# Kontakt 3.5 Standalone Not Playing Nice With K3.5 Plugin



## gsilbers (Aug 7, 2009)

the issue arised when i got LASS. 

I have logic8 and use bidule standalone/adatloopback for my samples. in this bidule template i use kontakt 3.5 and load about 2gb (what i see in the kms) of mostly symphobia amd some truestrike. oh and vienna ensemble with about 8 patches. 

so i opted to load lass in a standalone k3.5 and if i load one patch its all good, but more than 3 or 4 it will stop the sound/patches of the plugin in bidule. 
this is true in the opoesite way. if i restart bidule and load my template again, the sounds in the standalone will stop. 


i have a macpro new nehelem 2.66 16gb of ram. and an rme ff800


a few others things 

when i load bidule with my template and try to quit the program, it gets stuck and crashes. so maybe its being overloaded but not sure how cause all the ram its being used is outside bidule. 
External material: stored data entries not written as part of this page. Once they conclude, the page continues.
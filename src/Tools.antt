-- ===== src/Tools.antt =====
-- internal/arduino/cores/tools.go: the flavours of a tool release.
pub mod Flavors
mod Tests
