-- ===== src/Mac/Station/Answers.antt =====
-- What the answers of an access point lead to.
use lcompat.Base.{
  ℕ, ◌%◌, ◌≤◌, ◌≡◌, ◌≢◌, ◌∙◌, sym, refl, Ret, Errno, Bool, true, false, not, ◌||◌, Option, none,
  some, List, [], ◌∷◌, ◌++◌, arith, ltb, ◌==◌, if◌then◌else◌, length, ℤ, pos, le→ltb,
}
use lcompat.Mac.Bytes.{le16}
use lcompat.Mac.Runtime.{
  Runtime, Sta, ScanResult, ConnectParams, disconnected, authenticating, associating, connected,
  Host, connect_result, clear_connect_params,
}
use lcompat.Mac.Transmit.{size_add}
use lcompat.Mac.Connect.{overflows, add_station, alloc_sta, connect_failed, connect_complete}
use lcompat.Mac.Select.{select_bss}
use mathlib.Core.Option.{none-ne-some}
use lcompat.Mac.Select.Keeps.{select_bss-KeepsBssid}
use lcompat.Mac.Station.Runs.{allocated}
use lcompat.Mac.Station.{
  is_state, selected_or_known, failed_on_error, complete, mgmt_matches, handle_auth_rx,
  handle_assoc_resp_rx,
}

-- An access point that answers an authentication with the status 0 and another transaction than the
-- second ends the attempt, and the user is told the result 0, which is success.
pub handle_auth_reports_success :
    (rt : Runtime) (frame : List ℕ) (host : Host)
    → rt.conn_state ≡ authenticating
    → mgmt_matches rt frame ≡ true
    → 30 ≤ length frame
    → le16 frame 28 ≡ 0
    → le16 frame 26 ≢ 2
    → ((handle_auth_rx rt frame host).1.conn_state ≡ disconnected)
      × ((handle_auth_rx rt frame host).1.notices
          ≡ rt.notices ++ (connect_result rt.connect_request_portid 0 ∷ []))
unfolding handle_auth_rx connect_failed clear_connect_params
handle_auth_reports_success rt frame host c m l s t =
    let t2 : (le16 frame 26 == 2) ≡ false = ground arith in
    (rw (le→ltb _ _ l, c, m, s, t2) refl, rw (le→ltb _ _ l, c, m, s, t2) refl)

-- A runtime after an association, and before.
pub record IsWelcome (rt rt' : Runtime) (aid : ℕ) : Type 0 where
  pub state : rt'.conn_state ≡ connected
  pub number : rt'.vif.aid ≡ aid
  pub peer : (s : Sta) × (rt'.sta ≡ some s) × (s.addr ≡ rt.connect_params.bssid)
  pub network : rt'.vif.bss_conf.bssid ≡ rt.connect_params.bssid
  pub told : rt'.notices ≡ rt.notices ++ (connect_result rt.connect_request_portid 0 ∷ [])
  pub done : rt'.connect_request_portid ≡ 0
  pub up : rt'.link_state ≡ true

-- The host and the driver let a station be made.
pub record IsWilling (rt : Runtime) (host : Host) (m n : ℕ) : Type 0 where
  pub sta_data : rt.hw.sta_data_size ≡ pos m
  pub txq_data : rt.hw.txq_data_size ≡ pos n
  pub sta_fits : size_add host.sta_size m ≢ none
  pub txq_fits : size_add host.txq_size n ≢ none
  pub memory : host.sta_memory ≡ true
  pub added : host.sta_add ≡ none

not-overflows : (o : Option ℕ) → o ≢ none → overflows o ≡ false
not-overflows none h = absurd (h refl)
not-overflows (some n) h = refl

alloc-willing :
    (rt : Runtime) (bss : ScanResult) (host : Host) (m n : ℕ) (a b : ℤ)
    → a ≡ pos m
    → b ≡ pos n
    → size_add host.sta_size m ≢ none
    → size_add host.txq_size n ≢ none
    → host.sta_memory ≡ true
    → rt.connect_params.has_bssid ≡ true
    → alloc_sta rt bss host a b ≡ (none, allocated rt bss)
unfolding alloc_sta allocated
alloc-willing rt bss host m n a b ea eb fm fn mem has =
    rw
      (
        ea,
        eb,
        has,
        not-overflows (size_add host.sta_size m) fm,
        not-overflows (size_add host.txq_size n) fn,
        mem,
      )
      refl

add_station-IsWelcome :
    (o : Option Errno) (rt : Runtime) (bss : ScanResult) (aid : ℕ)
    → o ≡ none
    → IsWelcome rt (failed_on_error (add_station o (allocated rt bss) bss aid)) aid
unfolding allocated
add_station-IsWelcome (some e) rt bss aid z = absurd (none-ne-some e (sym z))
add_station-IsWelcome none rt bss aid z = record {
  state = refl;
  number = refl;
  peer = (_, refl, refl);
  network = refl;
  told = refl;
  done = refl;
  up = refl;
}

complete-IsWelcome :
    (r : Ret ScanResult × ConnectParams) (rt : Runtime) (aid : ℕ) (host : Host) (m n : ℕ)
    → IsWilling rt host m n
    → (r.1.has_bssid ≡ true) × (r.1.bssid ≡ rt.connect_params.bssid)
    → IsWelcome rt (complete r rt aid host) aid
unfolding connect_complete
complete-IsWelcome (r, params) rt aid host m n w (has, same) =
    let rt1 = record rt { connect_params = params } in
    let bss = selected_or_known r rt1 in
    let e =
      alloc-willing (record rt1 { sta = none }) bss host m n rt.hw.sta_data_size rt.hw.txq_data_size
        w.sta_data w.txq_data w.sta_fits w.txq_fits w.memory has in
    let i = add_station-IsWelcome host.sta_add (record rt1 { sta = none }) bss aid w.added in
    rw e (record {
      state = i.state;
      number = i.number;
      peer = (i.peer.0, i.peer.1, i.peer.2 ∙ same);
      network = i.network ∙ same;
      told = i.told;
      done = i.done;
      up = i.up;
    })

IsWelcome-else :
    (b : Bool) (p q : Bool × Runtime) (rt : Runtime) (aid : ℕ)
    → b ≡ false
    → IsWelcome rt q.1 aid
    → IsWelcome rt (if b then p else q).1 aid
IsWelcome-else true p q rt aid e i = absurd (ground arith)
IsWelcome-else false p q rt aid e i = i

-- An association response with the status 0 from the requested network, while the station associates,
-- connects it: the state is CONNECTED, the link is up, the interface has the number that the response
-- gives without its two highest bits, the station and the interface have the address of the requested
-- network, and the user is told the result 0, once. The driver accepts the station, and memory for it is
-- given.
pub handle_assoc_resp-IsWelcome :
    (rt : Runtime) (frame : List ℕ) (host : Host) (m n : ℕ)
    → rt.conn_state ≡ associating
    → rt.connect_params.has_bssid ≡ true
    → mgmt_matches rt frame ≡ true
    → 30 ≤ length frame
    → le16 frame 26 ≡ 0
    → IsWilling rt host m n
    → IsWelcome rt (handle_assoc_resp_rx rt frame host).1 (le16 frame 28 % 16384)
unfolding handle_assoc_resp_rx
handle_assoc_resp-IsWelcome rt frame host m n c has match l s w =
    let i =
      complete-IsWelcome (select_bss host.scan rt.connect_params) rt (le16 frame 28 % 16384) host m
        n w (select_bss-KeepsBssid host.scan rt.connect_params has) in
    IsWelcome-else (ltb (length frame) 30) _ _ rt _ (le→ltb _ _ l) (
      IsWelcome-else (not (is_state associating rt.conn_state) || not (mgmt_matches rt frame)) _ _
        rt _ (rw (c, match) refl)
        (IsWelcome-else (not (le16 frame 26 == 0)) _ _ rt _ (rw s refl) i))
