-- ===== src/Mac/Transmit/Lengths.antt =====
-- The elements of an association request: they fill the length that was computed, and they are found.
use lcompat.Base.{
  ℕ, ◌+◌, ◌-◌, ◌≤◌, ◌≡◌, ◌≢◌, ◌∙◌, refl, ap, Bool, true, false, none, some, List, [], ◌∷◌, ◌++◌,
  arith, ltb, ◌==◌, if◌then◌else◌, length, length-append, le→ltb,
}
use lcompat.Base.Words.{ulong_max}
use mathlib.Core.List.{append-nil}
use lcompat.Mac.Elements.{find_ie, is_wmm, bss_has_wmm}
use lcompat.Mac.Elements.Parsed.{Element, encode, first_body, some_wmm, find_ie-encode}
use lcompat.Mac.Transmit.{
  size_add, size_add_ie, size_add_unless_empty, ie_unless_empty, wmm_info_ie, assoc_len, assoc_ies,
}

size_add-fits : (a b : ℕ) → a + b ≤ ulong_max → size_add a b ≡ some (a + b)
unfolding size_add
size_add-fits a b h = let t : ltb (ulong_max - b) a ≡ false = le→ltb _ _ (omega arith) in rw t refl

size_add_ie-fits :
    (total len : ℕ)
    → len ≤ 255
    → total + (2 + len) ≤ ulong_max
    → size_add_ie total len ≡ some (total + (2 + len))
unfolding size_add_ie
size_add_ie-fits total len h k =
    rw (le→ltb 255 len h, size_add-fits 2 len (omega arith), size_add-fits total (2 + len) k) refl

size_unless-fits :
    (total id : ℕ) (body : List ℕ)
    → length body ≤ 255
    → total + (2 + length body) ≤ ulong_max
    → size_add_unless_empty total (length body) ≡ some (total + length (ie_unless_empty id body))
size_unless-fits total id [] h k = ground arith
size_unless-fits total id (b ∷ bs) h k =
    let z : (length (b ∷ bs) == 0) ≡ false = ground arith in
    rw (z, size_add_ie-fits total (length (b ∷ bs)) h k) (ap some (omega arith))

length-unless_le : (id : ℕ) (body : List ℕ) → length (ie_unless_empty id body) ≤ 2 + length body
length-unless_le id [] = ground arith
length-unless_le id (b ∷ bs) = ground arith

length-wmm : (wmm : Bool) → length (if wmm then wmm_info_ie else []) ≡ (if wmm then 9 else 0)
length-wmm true = refl
length-wmm false = refl

add_wmm-fits :
    (total : ℕ) (wmm : Bool)
    → total + 9 ≤ ulong_max
    → (if wmm then size_add total 9 else some total) ≡ some (total + (if wmm then 9 else 0))
add_wmm-fits total true h = size_add-fits total 9 h
add_wmm-fits total false h = ap some (omega arith)

-- The length that `lcompat_ieee80211_send_assoc_req` computes is that of its fixed part and of the
-- elements that it writes, if its name and its rates are at most 255 bytes each: no sum overflows.
pub assoc_len-assoc_ies :
    (ssid supp ext : List ℕ) (wmm : Bool)
    → length ssid ≤ 255
    → length supp ≤ 255
    → length ext ≤ 255
    → assoc_len ssid supp ext wmm ≡ some (28 + length (assoc_ies ssid supp ext wmm))
unfolding assoc_len assoc_ies
assoc_len-assoc_ies ssid supp ext wmm a b c =
    let with_ssid = 28 + (2 + length ssid) in
    let with_supp = with_ssid + length (ie_unless_empty 1 supp) in
    let with_ext = with_supp + length (ie_unless_empty 50 ext) in
    let l1 = length-unless_le 1 supp in
    let l2 = length-unless_le 50 ext in
    rw
      (
        size_add_ie-fits 28 (length ssid) a (omega arith),
        size_unless-fits with_ssid 1 supp b (omega arith),
        size_unless-fits with_supp 50 ext c (omega arith),
        add_wmm-fits with_ext wmm (omega arith),
      )
      (ap some (
        omega (
          arith,
          length-wmm wmm,
          length-append ssid (
              ie_unless_empty 1 supp
              ++ (ie_unless_empty 50 ext ++ (if wmm then wmm_info_ie else []))),
          length-append (ie_unless_empty 1 supp)
              (ie_unless_empty 50 ext ++ (if wmm then wmm_info_ie else [])),
          length-append (ie_unless_empty 50 ext) (if wmm then wmm_info_ie else []),
        )))

pub length-assoc_ies_le :
    (ssid supp ext : List ℕ) (wmm : Bool)
    → length (assoc_ies ssid supp ext wmm) ≤ 15 + length ssid + length supp + length ext
unfolding assoc_ies
length-assoc_ies_le ssid supp ext wmm = ground (
  arith,
  length-wmm wmm,
  length-unless_le 1 supp,
  length-unless_le 50 ext,
  length-append ssid
      (ie_unless_empty 1 supp ++ (ie_unless_empty 50 ext ++ (if wmm then wmm_info_ie else []))),
  length-append (ie_unless_empty 1 supp)
      (ie_unless_empty 50 ext ++ (if wmm then wmm_info_ie else [])),
  length-append (ie_unless_empty 50 ext) (if wmm then wmm_info_ie else []),
)

-- The element, if its body is not empty.
opt : ℕ → List ℕ → List Element
opt id [] = []
opt id (b ∷ bs) = record { id = id; body = b ∷ bs } ∷ []

wmm_element : Bool → List Element
wmm_element true = record { id = 221; body = 0 ∷ 80 ∷ 242 ∷ 2 ∷ 0 ∷ 1 ∷ 0 ∷ [] } ∷ []
wmm_element false = []

encode-opt :
    (id : ℕ) (body : List ℕ) (es : List Element)
    → encode (opt id body ++ es) ≡ ie_unless_empty id body ++ encode es
unfolding opt encode
encode-opt id [] es = refl
encode-opt id (b ∷ bs) es = let z : (length (b ∷ bs) == 0) ≡ false = ground arith in rw z refl

encode-wmm : (wmm : Bool) → encode (wmm_element wmm) ≡ (if wmm then wmm_info_ie else [])
unfolding wmm_element encode
encode-wmm true = refl
encode-wmm false = refl

assoc_elements : (ssid supp ext : List ℕ) → (wmm : Bool) → List Element
assoc_elements ssid supp ext wmm =
    record { id = 0; body = ssid } ∷ (opt 1 supp ++ (opt 50 ext ++ wmm_element wmm))

encode-assoc_elements :
    (ssid supp ext : List ℕ) (wmm : Bool)
    → assoc_ies ssid supp ext wmm ≡ encode (assoc_elements ssid supp ext wmm) ++ []
unfolding assoc_ies assoc_elements encode
encode-assoc_elements ssid supp ext wmm =
    rw
      (
        append-nil (ssid ++ encode (opt 1 supp ++ (opt 50 ext ++ wmm_element wmm))),
        encode-opt 1 supp (opt 50 ext ++ wmm_element wmm),
        encode-opt 50 ext (wmm_element wmm),
        encode-wmm wmm,
      )
      refl

-- What is found in the elements of an association request.
pub record Announces (ies ssid supp ext : List ℕ) (wmm : Bool) : Type 0 where
  pub name : find_ie ies 0 ≡ some ssid
  pub rates : find_ie ies 1 ≡ (if length supp == 0 then none else some supp)
  pub more_rates : find_ie ies 50 ≡ (if length ext == 0 then none else some ext)
  pub quality : bss_has_wmm ies ≡ wmm

found_one :
    (supp ext : List ℕ) (wmm : Bool)
    → first_body 1 (opt 1 supp ++ (opt 50 ext ++ wmm_element wmm))
      ≡ (if length supp == 0 then none else some supp)
unfolding opt first_body wmm_element
found_one (b ∷ bs) ext wmm = ground arith
found_one [] [] true = refl
found_one [] [] false = refl
found_one [] (c ∷ cs) true = refl
found_one [] (c ∷ cs) false = refl

found_fifty :
    (supp ext : List ℕ) (wmm : Bool)
    → first_body 50 (opt 1 supp ++ (opt 50 ext ++ wmm_element wmm))
      ≡ (if length ext == 0 then none else some ext)
unfolding opt first_body wmm_element
found_fifty [] [] true = refl
found_fifty [] [] false = refl
found_fifty [] (c ∷ cs) wmm = ground arith
found_fifty (b ∷ bs) [] true = refl
found_fifty (b ∷ bs) [] false = refl
found_fifty (b ∷ bs) (c ∷ cs) wmm = ground arith

not-wmm : (id : ℕ) (body : List ℕ) → id ≢ 221 → is_wmm id body ≡ false
unfolding is_wmm
not-wmm id [] h = refl
not-wmm id (b0 ∷ []) h = refl
not-wmm id (b0 ∷ b1 ∷ []) h = refl
not-wmm id (b0 ∷ b1 ∷ b2 ∷ []) h = refl
not-wmm id (b0 ∷ b1 ∷ b2 ∷ b3 ∷ []) h = refl
not-wmm id (b0 ∷ b1 ∷ b2 ∷ b3 ∷ b4 ∷ []) h = refl
not-wmm id (b0 ∷ b1 ∷ b2 ∷ b3 ∷ b4 ∷ b5 ∷ more) h = ground arith

skip-opt :
    (id : ℕ) (body : List ℕ) (es : List Element)
    → id ≢ 221
    → some_wmm (opt id body ++ es) ≡ some_wmm es
unfolding opt some_wmm
skip-opt id [] es h = refl
skip-opt id (b ∷ bs) es h = rw (not-wmm id (b ∷ bs) h) refl

last-wmm : (wmm : Bool) → some_wmm (wmm_element wmm) ≡ wmm
unfolding some_wmm wmm_element is_wmm
last-wmm true = refl
last-wmm false = refl

found_wmm :
    (ssid supp ext : List ℕ) (wmm : Bool) → some_wmm (assoc_elements ssid supp ext wmm) ≡ wmm
unfolding assoc_elements some_wmm
found_wmm ssid supp ext wmm =
    rw
      (
        not-wmm 0 ssid (omega arith),
        skip-opt 1 supp (opt 50 ext ++ wmm_element wmm) (omega arith),
        skip-opt 50 ext (wmm_element wmm) (omega arith),
      )
      (last-wmm wmm)

-- A reader of the elements finds the name of the request, the rates where there are any, and a WMM
-- element exactly if the network has one.
pub assoc_ies-Announces :
    (ssid supp ext : List ℕ) (wmm : Bool)
    → Announces (assoc_ies ssid supp ext wmm) ssid supp ext wmm
assoc_ies-Announces ssid supp ext wmm =
    let es = assoc_elements ssid supp ext wmm in
    let e = encode-assoc_elements ssid supp ext wmm in
    let found =
      λ (eid : ℕ). ap (λ (bs : List ℕ). find_ie bs eid) e ∙ (find_ie-encode es [] eid tt).0 in
    record {
      name = found 0 ∙ (unfold first_body assoc_elements in refl);
      rates = found 1 ∙ (unfold first_body assoc_elements in found_one supp ext wmm);
      more_rates = found 50 ∙ (unfold first_body assoc_elements in found_fifty supp ext wmm);
      quality = ap bss_has_wmm e ∙ (find_ie-encode es [] 0 tt).1 ∙ found_wmm ssid supp ext wmm;
    }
the kontakt issue doesnt arise if i load lass in logic and bidule. only standalone seems to be the problem.


----------



## Nick Batzdorf (Aug 7, 2009)

Off the top of my head I'd say remove the player. You probably installed it first, right?

The new library installer won't let you install the plug-in if it sees you have K3.5 installed on your system, which is a hint that it doesn't want you to use both. My guess you used a K3.5 installer that doesn't know about the player?

There's no reason to use the player if you have the full version anyway.


----------



## gsilbers (Aug 7, 2009)

ok. so just remove the player. ill give it a try

thx


----------



## gsilbers (Aug 10, 2009)

i deleted the kontakt player but still not working. 

i tried loading patches from LASS in the bidule template along the other k3.5/symphobia patches but i only can load one, when i load the next one it gets stuck. 
as in it wont load but it wont crash, it just seems its going to load the patch but never ends. i have to force quit it. 


i have about 1.56gb in the kms (uppper left corner) 

how much can u load in the kms? 

and will it matter if you load in bidule or standalone? in theory it should be the same right cause al the ram is going to the kms


----------



## gsilbers (Aug 10, 2009)

cool! so i was able to load more patches of lass in my bidule template. so about 3.5 gb 
thats violins legato a, c and full same for Vls2, viola, cello and bass.

and also added same config as above but with spicc, stacc and pizz. 

im happy except that i still get clicks and pops here and there even if i am playing one symphobia legato patch.


----------



## gsilbers (Aug 11, 2009)

so any ideas why the clicks and pops? 

i have one library in one drive and the other in another drive. 

what else?


----------



## gsilbers (Aug 22, 2009)

ok so i figured out that its not a problem with kontakt standalone because the same problem occured with stormdrum w/o even loading samples. 

so im guessing it has to do with the way bidule and another audio app besides logic handle the audio engine when both are open.


----------